Publications & Resources

Final Report for Validation of Problem-Solving Measures

Mar 1999

Howard E. Herl, Harold F. O'Neil Jr., Gregory K. W. K. Chung, Cecilia Bianchi, Shu-ling Wang, Richard Mayer, Charlotte Yeh Lee, Angela Choi, Thomas Suen, and Aileen Tu

In this report we summarize several studies regarding the measurement of problem solving and investigation of the impact of providing content information (Yes/No) and scoring criteria (Yes/No) for two knowledge mapping tasks proposed for use in an international assessment context (the International Life Skills Survey).

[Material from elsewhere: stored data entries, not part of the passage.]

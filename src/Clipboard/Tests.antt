-- ===== src/Clipboard/Tests.antt =====
-- Runs of the clipboard, and its theorems at concrete inputs.
use hbb_common.Common.Bytes.{
  to_be_bytes, read_tail, index, from_be_bytes, read, read_slice, are_bytes, are_bytes→All, IsByte,
}
use hbb_common.Clipboard.State.{
  lookup, can_receive, can_send, validate_origin_and_sequence, ClipboardPermission, ClipboardText,
  ClipboardState, permission_denied, new_clipboard, encode_clipboard_text, decode_clipboard_text,
  prepare_local_text, receive,
}
use hbb_common.Common.{
  some, bytes_eq, all_zero, ℕ, ◌≡◌, ◌↔◌, refl, List, [], ◌∷◌, ◌++◌, replicate, ok, err, All, arith,
  ◌+◌,
}
use hbb_common.Common.Utf8.{from_utf8}
use hbb_common.Clipboard.Fields.{IsText}
use hbb_common.Clipboard.Wire.{decode_clipboard_text_iff}
use hbb_common.Clipboard.Send.{receive-prepare_local_text}
use hbb_common.Clipboard.Step.{last}
use hbb_common.Clipboard.Replay.{Ran, receive_run, receive_run-Ran}

abbrev origin : List ℕ
origin = 7 ∷ replicate 15 0

abbrev local_origin : List ℕ
local_origin = 8 ∷ replicate 15 0

-- "hé" as the third text of the origin.
abbrev text : ClipboardText
text = record { origin_id = origin; change_sequence = 3; text = 0x68 ∷ 0xc3 ∷ 0xa9 ∷ [] }

abbrev payload : List ℕ
payload = origin ++ (replicate 7 0 ++ (3 ∷ 1 ∷ 0 ∷ 0 ∷ 0 ∷ 0 ∷ 0 ∷ 0 ∷ 3 ∷ 0x68 ∷ 0xc3 ∷ 0xa9 ∷ []))

abbrev peer : ClipboardState
peer = record {
  permission = ClipboardPermission.receive_only;
  local_origin_id = local_origin;
  next_local_sequence = 1;
  remote_sequences = [];
  max_bytes = 16;
}

new_peer : new_clipboard ClipboardPermission.receive_only local_origin 16 ≡ ok peer
unfolding new_clipboard validate_origin_and_sequence all_zero
new_peer = refl

peer_may_not_send : prepare_local_text peer [] ≡ err permission_denied
unfolding prepare_local_text can_send
peer_may_not_send = refl

decode_payload : decode_clipboard_text payload 16 ≡ ok text
unfolding decode_clipboard_text read_slice read validate_origin_and_sequence all_zero from_be_bytes
    index read_tail from_utf8
decode_payload = refl

-- The same payload twice is handed out once.
replay : (receive_run peer (payload ∷ payload ∷ [])).0 ≡ text ∷ []
unfolding receive_run receive can_receive decode_clipboard_text read_slice read
    validate_origin_and_sequence all_zero from_be_bytes index read_tail from_utf8 bytes_eq lookup
replay = refl

decode_clipboard_text_iff_example :
    (decode_clipboard_text payload 16 ≡ ok text)
    ↔ (IsText text × (encode_clipboard_text origin 3 (0x68 ∷ 0xc3 ∷ 0xa9 ∷ []) 16 ≡ ok payload))
unfolding are_bytes
decode_clipboard_text_iff_example =
    decode_clipboard_text_iff payload 16 text (are_bytes→All payload refl)

receive_run-Ran_example : Ran peer (receive_run peer (payload ∷ payload ∷ []))
receive_run-Ran_example = receive_run-Ran peer (payload ∷ payload ∷ [])

abbrev sender : ClipboardState
sender = record {
  permission = ClipboardPermission.bidirectional;
  local_origin_id = origin;
  next_local_sequence = 3;
  remote_sequences = [];
  max_bytes = 16;
}

abbrev sent_sender : ClipboardState
sent_sender = record sender { next_local_sequence = 4 }

prepare_text : prepare_local_text sender (0x68 ∷ 0xc3 ∷ 0xa9 ∷ []) ≡ ok (payload, sent_sender)
unfolding prepare_local_text can_send encode_clipboard_text validate_origin_and_sequence all_zero
    to_be_bytes
prepare_text = refl

payload_bytes : All IsByte payload
unfolding are_bytes
payload_bytes = are_bytes→All payload refl

text-IsText : IsText text
text-IsText = ((decode_clipboard_text_iff payload 16 text payload_bytes).0 decode_payload).0

receive-prepare_local_text_example :
    (sent_sender ≡ record sender { next_local_sequence = 3 + 1 })
    × ((q : ClipboardState) × (receive peer payload ≡ ok (some text, q)))
unfolding last can_receive bytes_eq lookup
receive-prepare_local_text_example =
    receive-prepare_local_text sender sent_sender peer (0x68 ∷ 0xc3 ∷ 0xa9 ∷ []) payload
      prepare_text text-IsText payload_bytes refl refl refl (omega arith) (omega arith)
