-- ===== src/Codec.antt =====
-- src/bytes_codec.rs: `BytesCodec`, the framing of a byte stream by length-prefixed packets.
-- A `BytesMut` is the list of its unread bytes, and a `usize` a number that does not reach 2 ^ 64.
-- `decode` returns its result with the codec and the buffer that it leaves.
pub mod Head
pub mod RoundTrip
pub mod Stream
pub mod Limit
mod Tests
use hbb_common.Common.{
  ℕ, suc, ◌+◌, ◌*◌, ◌/◌, ◌%◌, ◌^◌, bit_and, bit_or, Bool, true, false, Option, none, some, List, [],
  ◌∷◌, ◌++◌, length, take, drop, ltb, leb, if◌then◌else◌, Outcome, ok, err, panic, ◌>>=◌, ◌>>◌,
  reject_if,
}
use hbb_common.Common.Bytes.{index, read_tail, to_le_bytes}

-- `io::Error` by its kind and text.
pub data IoError : Type 0 where
  overflow : IoError
  too_big_packet : IoError

pub data DecodeState : Type 0 where
  head : DecodeState
  body : ℕ → DecodeState

pub record BytesCodec : Type 0 where
  pub state : DecodeState
  pub raw : Bool
  pub max_packet_length : ℕ

abbrev pub default_max_packet_length : ℕ
default_max_packet_length = 64 * 1024 * 1024

unfoldable pub new : BytesCodec
new = record { state = head; raw = false; max_packet_length = default_max_packet_length }

unfoldable pub set_raw : BytesCodec → BytesCodec
set_raw c = record c { raw = true }

unfoldable pub set_max_packet_length : BytesCodec → ℕ → BytesCodec
set_max_packet_length c n = record c { max_packet_length = n }

-- The one to four bytes before a packet of n bytes.
unfoldable pub encode_head : ℕ → Outcome IoError (List ℕ)
unfolding to_le_bytes
encode_head n =
    let h = bit_or (n * 2 ^ 2 % 2 ^ 32) 2 in
    if leb n 0x3f
    then ok (to_le_bytes 1 (n * 2 ^ 2 % 2 ^ 8))
    else if leb n 0x3fff
    then ok (to_le_bytes 2 (bit_or (n * 2 ^ 2 % 2 ^ 16) 1))
    else if leb n 0x3f_ffff
    then ok (to_le_bytes 2 (bit_and h 0xffff) ++ to_le_bytes 1 (h / 2 ^ 16 % 2 ^ 8))
    else if leb n 0x3fff_ffff
    then ok (to_le_bytes 4 (bit_or (n * 2 ^ 2 % 2 ^ 32) 3))
    else err overflow

-- What `encode_frame` leaves in `buf`; an error leaves `buf` as it was.
unfoldable pub encode_frame : Bool → List ℕ → List ℕ → Outcome IoError (List ℕ)
unfolding encode_head
encode_frame true packet buf = ok (buf ++ packet)
encode_frame false packet buf = do h ← encode_head (length packet); ok (buf ++ (h ++ packet))

-- `if head_len > i { n |= src[i] << (8 * i) }`.
pub join_byte : ℕ → ℕ → List ℕ → ℕ → Outcome IoError ℕ
unfolding index
join_byte head_len i src n =
    if ltb i head_len then (index i src >>= λ b. ok (bit_or n (b * 2 ^ (8 * i)))) else ok n

pub join_bytes : ℕ → List ℕ → ℕ → Outcome IoError ℕ
unfolding join_byte
join_bytes head_len src n = do
  n1 ← join_byte head_len 1 src n
  n2 ← join_byte head_len 2 src n1
  join_byte head_len 3 src n2

-- The length of the packet and what follows its head, or `none` where more bytes are wanted and the
-- buffer stays as it is.
pub decode_bounded_head : BytesCodec → List ℕ → ℕ → ℕ → Outcome IoError (Option (ℕ × List ℕ))
unfolding join_bytes read_tail
decode_bounded_head c src first head_len = if ltb (length src) head_len then ok none else (do
  joined ← join_bytes head_len src first
  let n = joined / 2 ^ 2
  reject_if (ltb c.max_packet_length n) too_big_packet
  rest ← read_tail head_len src
  ok (some (n, rest)))

unfoldable pub decode_head : BytesCodec → List ℕ → Outcome IoError (Option (ℕ × List ℕ))
unfolding decode_bounded_head index
decode_head c [] = ok none
decode_head c (b ∷ bs) = do
  first ← index 0 (b ∷ bs)
  decode_bounded_head c (b ∷ bs) first (bit_and first 3 + 1)

-- `src.split_to(n)`, which panics past the end: the first n bytes, and what is left.
unfoldable pub split_to : ℕ → List ℕ → Outcome IoError (List ℕ × List ℕ)
split_to n src = if leb n (length src) then ok (take n src, drop n src) else panic

unfoldable pub decode_data : ℕ → List ℕ → Outcome IoError (Option (List ℕ × List ℕ))
unfolding split_to
decode_data n src =
    if ltb (length src) n then ok none else (do parts ← split_to n src; ok (some parts))

pub record Decoded : Type 0 where
  pub result : Outcome IoError (Option (List ℕ))
  pub codec : BytesCodec
  pub src : List ℕ

-- What `decode` does with the bytes that it splits off in raw mode.
pub after_raw : BytesCodec → List ℕ → Outcome IoError (List ℕ × List ℕ) → Decoded
after_raw c src (ok (packet, rest)) = record { result = ok (some packet); codec = c; src = rest }
after_raw c src (err e) = record { result = err e; codec = c; src = src }
after_raw c src panic = record { result = panic; codec = c; src = src }

unfoldable pub decode_raw : BytesCodec → List ℕ → Decoded
unfolding split_to after_raw
decode_raw c [] = record { result = ok none; codec = c; src = [] }
decode_raw c (b ∷ bs) = after_raw c (b ∷ bs) (split_to (length (b ∷ bs)) (b ∷ bs))

-- What `decode` does with the answer of `decode_data`.
pub after_data : BytesCodec → ℕ → List ℕ → Outcome IoError (Option (List ℕ × List ℕ)) → Decoded
after_data c n src (ok none) = record {
  result = ok none;
  codec = record c { state = body n };
  src = src;
}
after_data c n src (ok (some (packet, rest))) = record {
  result = ok (some packet);
  codec = record c { state = head };
  src = rest;
}
after_data c n src (err e) = record {
  result = err e;
  codec = record c { state = body n };
  src = src;
}
after_data c n src panic = record { result = panic; codec = record c { state = body n }; src = src }

unfoldable pub decode_body : BytesCodec → ℕ → List ℕ → Decoded
unfolding decode_data after_data
decode_body c n src = after_data c n src (decode_data n src)

pub after_head : BytesCodec → List ℕ → Outcome IoError (Option (ℕ × List ℕ)) → Decoded
unfolding decode_body
after_head c src (ok none) = record { result = ok none; codec = c; src = src }
after_head c src (ok (some (n, rest))) = decode_body c n rest
after_head c src (err e) = record { result = err e; codec = c; src = src }
after_head c src panic = record { result = panic; codec = c; src = src }

pub decode_from : BytesCodec → DecodeState → List ℕ → Decoded
unfolding decode_head after_head
decode_from c head src = after_head c src (decode_head c src)
decode_from c (body n) src = decode_body c n src

unfoldable pub decode : BytesCodec → List ℕ → Decoded
unfolding decode_raw decode_from
decode c src = if c.raw then decode_raw c src else decode_from c c.state src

Reliability and validity issues related to (a) the use of knowledge maps for measuring content understanding, (b) domain-specific problem-solving prompts for measuring participants’ problem-solving strategies, and (c) a self-regulation questionnaire for measuring levels of participants’ metacognition and motivation are presented within the larger context of measuring problem solving. Analyses showed that providing scoring instructions to participants did not significantly affect their performance on knowledge mapping tasks, including measures of content understanding, number of terms of used, and number of links constructed. For one of the two tasks, no gender effects were found for knowledge mapping measures. However, for the other task, there were significant effects found for two knowledge mapping measures, where males constructed significantly greater numbers of links and achieved significantly higher content understanding scores. Finally, providing content information resulted in higher performance scores. In general, there was sufficient reliability and validity to use these new measures at the cross-national level but not at the individual level.

Herl, H. E., O’Neil, H. F. Jr., Chung, G. K. W. K., Bianchi, C., Wang, S., Mayer, R., … Tu, A. (1999). Final report for validation of problem-solving measures (CSE Report 501). Los Angeles: University of California, Los Angeles, National Center for Research on Evaluation, Standards, and Student Testing (CRESST).